Task to complete: Show every line of the data that contains the string "subst".

Collection entries
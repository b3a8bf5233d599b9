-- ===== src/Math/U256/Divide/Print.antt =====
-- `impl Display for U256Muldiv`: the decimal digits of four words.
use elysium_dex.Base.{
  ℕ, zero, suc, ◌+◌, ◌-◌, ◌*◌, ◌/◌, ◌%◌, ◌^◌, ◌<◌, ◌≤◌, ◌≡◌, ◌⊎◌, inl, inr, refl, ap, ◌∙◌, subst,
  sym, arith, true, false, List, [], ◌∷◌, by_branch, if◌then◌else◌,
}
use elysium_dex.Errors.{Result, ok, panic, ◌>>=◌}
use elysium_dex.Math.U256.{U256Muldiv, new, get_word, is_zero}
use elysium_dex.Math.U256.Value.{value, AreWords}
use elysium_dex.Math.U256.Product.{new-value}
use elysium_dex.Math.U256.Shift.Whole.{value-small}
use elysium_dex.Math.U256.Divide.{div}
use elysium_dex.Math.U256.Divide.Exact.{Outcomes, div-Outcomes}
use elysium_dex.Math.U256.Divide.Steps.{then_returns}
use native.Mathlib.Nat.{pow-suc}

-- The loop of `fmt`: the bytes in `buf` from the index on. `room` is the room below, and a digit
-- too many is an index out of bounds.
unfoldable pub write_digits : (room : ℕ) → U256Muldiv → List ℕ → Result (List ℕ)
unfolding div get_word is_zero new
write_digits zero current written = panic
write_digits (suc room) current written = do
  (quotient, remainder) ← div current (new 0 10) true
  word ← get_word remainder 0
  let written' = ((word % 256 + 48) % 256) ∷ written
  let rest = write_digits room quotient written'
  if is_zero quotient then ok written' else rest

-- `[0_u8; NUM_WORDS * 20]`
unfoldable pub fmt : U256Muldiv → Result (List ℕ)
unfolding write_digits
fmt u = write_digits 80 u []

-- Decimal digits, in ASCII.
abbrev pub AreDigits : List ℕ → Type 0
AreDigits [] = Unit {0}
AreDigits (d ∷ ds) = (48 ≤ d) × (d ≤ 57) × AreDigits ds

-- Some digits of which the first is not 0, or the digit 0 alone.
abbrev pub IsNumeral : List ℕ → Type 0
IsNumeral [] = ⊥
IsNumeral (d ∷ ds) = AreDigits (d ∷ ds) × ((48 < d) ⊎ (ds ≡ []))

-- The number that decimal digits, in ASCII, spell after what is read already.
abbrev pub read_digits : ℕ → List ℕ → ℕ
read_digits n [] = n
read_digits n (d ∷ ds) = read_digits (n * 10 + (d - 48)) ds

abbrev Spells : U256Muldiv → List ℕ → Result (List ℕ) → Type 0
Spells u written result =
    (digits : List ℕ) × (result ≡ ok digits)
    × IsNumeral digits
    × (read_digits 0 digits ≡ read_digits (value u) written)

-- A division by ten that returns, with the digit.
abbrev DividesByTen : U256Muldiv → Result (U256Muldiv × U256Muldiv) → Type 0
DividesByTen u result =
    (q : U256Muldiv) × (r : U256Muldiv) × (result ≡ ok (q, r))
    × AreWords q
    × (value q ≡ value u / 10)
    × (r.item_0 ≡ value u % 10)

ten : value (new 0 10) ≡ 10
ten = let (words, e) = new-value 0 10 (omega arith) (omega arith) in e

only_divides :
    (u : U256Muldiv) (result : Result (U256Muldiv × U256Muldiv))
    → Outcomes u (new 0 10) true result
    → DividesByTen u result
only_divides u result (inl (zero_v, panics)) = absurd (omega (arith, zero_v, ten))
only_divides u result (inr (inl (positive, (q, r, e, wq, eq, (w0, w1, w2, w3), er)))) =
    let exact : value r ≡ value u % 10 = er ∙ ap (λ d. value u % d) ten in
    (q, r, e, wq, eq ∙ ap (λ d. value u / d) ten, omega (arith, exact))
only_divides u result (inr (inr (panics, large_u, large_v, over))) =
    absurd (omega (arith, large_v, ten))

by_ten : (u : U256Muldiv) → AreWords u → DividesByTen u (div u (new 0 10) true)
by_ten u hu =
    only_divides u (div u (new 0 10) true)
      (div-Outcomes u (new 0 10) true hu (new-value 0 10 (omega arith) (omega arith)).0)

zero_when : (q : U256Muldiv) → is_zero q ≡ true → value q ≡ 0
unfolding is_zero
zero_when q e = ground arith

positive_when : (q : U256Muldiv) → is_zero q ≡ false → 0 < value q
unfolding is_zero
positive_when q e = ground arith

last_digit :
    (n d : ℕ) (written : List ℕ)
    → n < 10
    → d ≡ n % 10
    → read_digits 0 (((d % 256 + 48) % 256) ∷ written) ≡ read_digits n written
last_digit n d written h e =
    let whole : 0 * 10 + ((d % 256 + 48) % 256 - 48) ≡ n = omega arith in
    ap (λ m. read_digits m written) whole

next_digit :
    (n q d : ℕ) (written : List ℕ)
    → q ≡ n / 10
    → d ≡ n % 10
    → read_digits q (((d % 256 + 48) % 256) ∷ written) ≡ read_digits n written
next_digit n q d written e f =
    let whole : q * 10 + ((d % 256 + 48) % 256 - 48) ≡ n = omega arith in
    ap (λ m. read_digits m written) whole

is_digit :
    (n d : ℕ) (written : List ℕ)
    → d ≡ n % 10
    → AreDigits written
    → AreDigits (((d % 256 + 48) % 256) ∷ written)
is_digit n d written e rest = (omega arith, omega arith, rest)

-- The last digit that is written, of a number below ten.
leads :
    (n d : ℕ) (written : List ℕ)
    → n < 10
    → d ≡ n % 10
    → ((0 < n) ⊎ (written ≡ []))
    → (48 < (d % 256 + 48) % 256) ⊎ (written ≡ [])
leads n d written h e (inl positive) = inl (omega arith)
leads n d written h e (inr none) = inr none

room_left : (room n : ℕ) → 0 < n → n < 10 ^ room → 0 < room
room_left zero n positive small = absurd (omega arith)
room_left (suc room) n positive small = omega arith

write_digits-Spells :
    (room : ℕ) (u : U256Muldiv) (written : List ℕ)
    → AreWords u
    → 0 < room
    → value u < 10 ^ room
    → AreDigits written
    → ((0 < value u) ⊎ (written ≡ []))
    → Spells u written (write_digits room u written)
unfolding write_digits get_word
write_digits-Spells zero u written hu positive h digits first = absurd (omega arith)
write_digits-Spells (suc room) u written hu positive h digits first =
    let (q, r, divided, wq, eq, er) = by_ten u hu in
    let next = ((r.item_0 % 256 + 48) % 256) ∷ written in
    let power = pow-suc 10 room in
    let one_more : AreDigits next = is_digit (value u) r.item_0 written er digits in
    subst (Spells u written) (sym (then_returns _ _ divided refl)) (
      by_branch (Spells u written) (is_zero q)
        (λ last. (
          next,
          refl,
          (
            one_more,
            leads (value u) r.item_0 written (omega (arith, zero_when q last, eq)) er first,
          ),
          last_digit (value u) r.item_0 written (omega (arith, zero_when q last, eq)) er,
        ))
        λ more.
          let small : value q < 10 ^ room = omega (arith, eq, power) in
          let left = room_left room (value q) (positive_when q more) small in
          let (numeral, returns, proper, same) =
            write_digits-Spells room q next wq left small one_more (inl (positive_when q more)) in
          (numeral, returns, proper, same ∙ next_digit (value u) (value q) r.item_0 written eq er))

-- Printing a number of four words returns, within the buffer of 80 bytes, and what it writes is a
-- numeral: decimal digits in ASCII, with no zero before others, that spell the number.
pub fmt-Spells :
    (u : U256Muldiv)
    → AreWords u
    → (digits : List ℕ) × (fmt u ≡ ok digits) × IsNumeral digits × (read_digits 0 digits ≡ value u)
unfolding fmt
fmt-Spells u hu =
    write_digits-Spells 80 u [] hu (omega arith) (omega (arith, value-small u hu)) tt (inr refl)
==
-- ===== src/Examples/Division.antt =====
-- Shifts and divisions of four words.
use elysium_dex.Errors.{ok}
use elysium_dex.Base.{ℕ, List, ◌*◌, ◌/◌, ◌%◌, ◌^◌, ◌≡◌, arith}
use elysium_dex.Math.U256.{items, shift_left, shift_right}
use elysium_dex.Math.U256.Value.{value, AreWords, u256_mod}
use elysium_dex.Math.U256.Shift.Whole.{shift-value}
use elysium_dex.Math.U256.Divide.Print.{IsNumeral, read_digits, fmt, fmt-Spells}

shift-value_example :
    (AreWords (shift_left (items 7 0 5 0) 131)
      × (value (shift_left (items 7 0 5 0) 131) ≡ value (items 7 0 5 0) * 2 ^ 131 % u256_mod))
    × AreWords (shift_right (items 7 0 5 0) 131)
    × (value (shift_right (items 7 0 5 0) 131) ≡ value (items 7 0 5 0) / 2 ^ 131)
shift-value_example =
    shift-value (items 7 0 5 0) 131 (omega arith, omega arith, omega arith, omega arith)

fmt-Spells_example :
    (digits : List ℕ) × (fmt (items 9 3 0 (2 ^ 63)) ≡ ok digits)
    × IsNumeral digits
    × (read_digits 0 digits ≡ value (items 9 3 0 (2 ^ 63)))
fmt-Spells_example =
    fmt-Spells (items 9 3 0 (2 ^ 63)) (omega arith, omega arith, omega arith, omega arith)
==
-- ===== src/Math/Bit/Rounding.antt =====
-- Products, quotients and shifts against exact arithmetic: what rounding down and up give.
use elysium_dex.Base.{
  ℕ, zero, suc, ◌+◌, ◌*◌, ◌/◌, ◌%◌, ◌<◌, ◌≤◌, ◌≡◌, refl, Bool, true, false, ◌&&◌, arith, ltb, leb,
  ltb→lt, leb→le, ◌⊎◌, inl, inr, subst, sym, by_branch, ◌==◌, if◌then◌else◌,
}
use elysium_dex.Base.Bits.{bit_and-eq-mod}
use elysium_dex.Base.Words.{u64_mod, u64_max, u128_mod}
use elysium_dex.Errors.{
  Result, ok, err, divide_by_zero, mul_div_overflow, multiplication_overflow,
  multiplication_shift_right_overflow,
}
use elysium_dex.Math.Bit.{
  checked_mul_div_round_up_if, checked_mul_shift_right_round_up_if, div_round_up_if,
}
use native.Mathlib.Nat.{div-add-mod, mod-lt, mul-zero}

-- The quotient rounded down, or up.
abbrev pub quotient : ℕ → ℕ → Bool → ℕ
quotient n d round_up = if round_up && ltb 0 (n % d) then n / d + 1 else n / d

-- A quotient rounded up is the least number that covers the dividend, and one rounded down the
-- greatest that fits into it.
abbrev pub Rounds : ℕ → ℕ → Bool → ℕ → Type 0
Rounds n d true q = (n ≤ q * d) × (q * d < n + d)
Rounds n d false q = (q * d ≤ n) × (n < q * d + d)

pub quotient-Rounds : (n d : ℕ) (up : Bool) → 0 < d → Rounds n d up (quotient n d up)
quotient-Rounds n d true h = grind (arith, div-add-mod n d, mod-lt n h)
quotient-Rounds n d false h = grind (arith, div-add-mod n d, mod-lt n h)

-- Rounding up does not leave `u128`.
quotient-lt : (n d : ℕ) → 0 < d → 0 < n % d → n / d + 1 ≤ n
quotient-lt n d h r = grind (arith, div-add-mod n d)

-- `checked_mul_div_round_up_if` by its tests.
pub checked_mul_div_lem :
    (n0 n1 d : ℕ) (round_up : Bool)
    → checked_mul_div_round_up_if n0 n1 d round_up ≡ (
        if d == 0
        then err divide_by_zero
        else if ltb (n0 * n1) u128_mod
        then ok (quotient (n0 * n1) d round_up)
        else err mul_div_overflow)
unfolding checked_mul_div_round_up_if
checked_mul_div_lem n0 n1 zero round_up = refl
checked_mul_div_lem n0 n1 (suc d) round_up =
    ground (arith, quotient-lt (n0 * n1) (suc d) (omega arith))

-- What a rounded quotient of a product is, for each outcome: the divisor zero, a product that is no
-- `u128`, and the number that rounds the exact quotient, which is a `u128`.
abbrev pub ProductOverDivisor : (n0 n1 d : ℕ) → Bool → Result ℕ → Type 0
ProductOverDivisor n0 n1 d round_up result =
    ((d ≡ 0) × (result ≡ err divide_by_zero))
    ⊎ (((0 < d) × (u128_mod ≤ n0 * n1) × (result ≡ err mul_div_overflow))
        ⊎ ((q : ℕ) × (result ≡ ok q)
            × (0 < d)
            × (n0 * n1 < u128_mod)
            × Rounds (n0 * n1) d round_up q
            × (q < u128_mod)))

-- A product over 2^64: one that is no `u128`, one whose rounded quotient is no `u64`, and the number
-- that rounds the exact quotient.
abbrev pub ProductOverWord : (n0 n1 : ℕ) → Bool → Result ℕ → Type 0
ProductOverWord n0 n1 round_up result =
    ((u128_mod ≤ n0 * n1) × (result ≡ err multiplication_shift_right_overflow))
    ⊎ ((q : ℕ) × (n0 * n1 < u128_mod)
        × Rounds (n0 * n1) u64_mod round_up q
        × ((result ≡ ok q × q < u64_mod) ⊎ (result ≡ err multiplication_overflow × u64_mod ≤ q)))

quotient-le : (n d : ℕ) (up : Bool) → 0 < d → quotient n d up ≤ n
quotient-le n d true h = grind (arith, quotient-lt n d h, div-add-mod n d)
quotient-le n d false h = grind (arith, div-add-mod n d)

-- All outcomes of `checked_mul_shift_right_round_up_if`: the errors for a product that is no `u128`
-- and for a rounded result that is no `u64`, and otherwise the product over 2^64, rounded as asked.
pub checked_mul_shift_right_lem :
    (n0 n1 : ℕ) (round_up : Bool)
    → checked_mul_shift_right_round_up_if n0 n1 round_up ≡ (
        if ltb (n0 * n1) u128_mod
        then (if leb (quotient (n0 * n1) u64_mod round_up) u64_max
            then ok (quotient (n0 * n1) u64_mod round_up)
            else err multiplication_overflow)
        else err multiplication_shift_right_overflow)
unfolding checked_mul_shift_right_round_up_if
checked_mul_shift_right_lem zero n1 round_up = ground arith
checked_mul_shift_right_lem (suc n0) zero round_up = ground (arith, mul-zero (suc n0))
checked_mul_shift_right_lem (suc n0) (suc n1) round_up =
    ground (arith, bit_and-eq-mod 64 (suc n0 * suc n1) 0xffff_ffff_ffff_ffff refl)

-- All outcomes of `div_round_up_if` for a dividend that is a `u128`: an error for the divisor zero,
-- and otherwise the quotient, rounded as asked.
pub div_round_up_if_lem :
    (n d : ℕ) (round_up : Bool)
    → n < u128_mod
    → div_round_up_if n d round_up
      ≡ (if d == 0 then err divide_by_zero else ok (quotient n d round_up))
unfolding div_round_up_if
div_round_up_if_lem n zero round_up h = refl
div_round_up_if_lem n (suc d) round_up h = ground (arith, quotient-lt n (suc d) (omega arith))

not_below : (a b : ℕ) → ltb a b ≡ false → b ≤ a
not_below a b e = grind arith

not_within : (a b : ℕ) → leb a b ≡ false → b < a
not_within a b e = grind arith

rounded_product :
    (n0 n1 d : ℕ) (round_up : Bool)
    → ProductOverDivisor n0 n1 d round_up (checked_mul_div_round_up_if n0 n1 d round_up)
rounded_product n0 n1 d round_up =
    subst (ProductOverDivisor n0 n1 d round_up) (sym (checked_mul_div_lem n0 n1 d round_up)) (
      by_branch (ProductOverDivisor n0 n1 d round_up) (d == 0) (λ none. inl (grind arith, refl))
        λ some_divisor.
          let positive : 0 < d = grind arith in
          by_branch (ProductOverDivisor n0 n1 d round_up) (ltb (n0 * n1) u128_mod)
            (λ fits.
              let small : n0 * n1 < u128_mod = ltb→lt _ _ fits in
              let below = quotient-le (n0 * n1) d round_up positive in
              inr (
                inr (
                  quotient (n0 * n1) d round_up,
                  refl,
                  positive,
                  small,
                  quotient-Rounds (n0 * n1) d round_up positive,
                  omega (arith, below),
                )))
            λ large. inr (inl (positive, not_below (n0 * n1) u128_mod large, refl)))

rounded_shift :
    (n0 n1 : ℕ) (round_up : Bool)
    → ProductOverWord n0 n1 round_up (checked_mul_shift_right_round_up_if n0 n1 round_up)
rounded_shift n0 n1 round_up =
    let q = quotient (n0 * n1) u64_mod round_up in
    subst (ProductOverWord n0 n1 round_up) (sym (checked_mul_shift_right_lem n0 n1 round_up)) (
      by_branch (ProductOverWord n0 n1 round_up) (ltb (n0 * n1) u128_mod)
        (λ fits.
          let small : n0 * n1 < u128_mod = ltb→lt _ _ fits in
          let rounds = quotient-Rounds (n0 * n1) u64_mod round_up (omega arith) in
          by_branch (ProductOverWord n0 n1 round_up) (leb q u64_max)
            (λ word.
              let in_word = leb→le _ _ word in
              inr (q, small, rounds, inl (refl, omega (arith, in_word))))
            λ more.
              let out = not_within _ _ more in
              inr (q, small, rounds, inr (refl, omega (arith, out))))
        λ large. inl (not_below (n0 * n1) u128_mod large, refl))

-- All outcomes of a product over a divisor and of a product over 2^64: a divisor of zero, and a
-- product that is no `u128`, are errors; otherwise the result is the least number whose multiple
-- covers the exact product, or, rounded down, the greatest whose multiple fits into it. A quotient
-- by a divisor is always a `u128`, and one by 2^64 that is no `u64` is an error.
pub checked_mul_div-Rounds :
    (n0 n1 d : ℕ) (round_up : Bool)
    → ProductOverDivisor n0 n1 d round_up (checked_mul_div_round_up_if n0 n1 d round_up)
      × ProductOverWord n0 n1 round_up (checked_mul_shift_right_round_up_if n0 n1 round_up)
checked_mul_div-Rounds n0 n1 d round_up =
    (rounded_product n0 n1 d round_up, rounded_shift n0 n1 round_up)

Answer for this exercise:
  ℕ, zero, suc, ◌+◌, ◌-◌, ◌*◌, ◌/◌, ◌%◌, ◌^◌, ◌<◌, ◌≤◌, ◌≡◌, ◌⊎◌, inl, inr, refl, ap, ◌∙◌, subst,
    subst (Spells u written) (sym (then_returns _ _ divided refl)) (
  ltb→lt, leb→le, ◌⊎◌, inl, inr, subst, sym, by_branch, ◌==◌, if◌then◌else◌,
    subst (ProductOverDivisor n0 n1 d round_up) (sym (checked_mul_div_lem n0 n1 d round_up)) (
    subst (ProductOverWord n0 n1 round_up) (sym (checked_mul_shift_right_lem n0 n1 round_up)) (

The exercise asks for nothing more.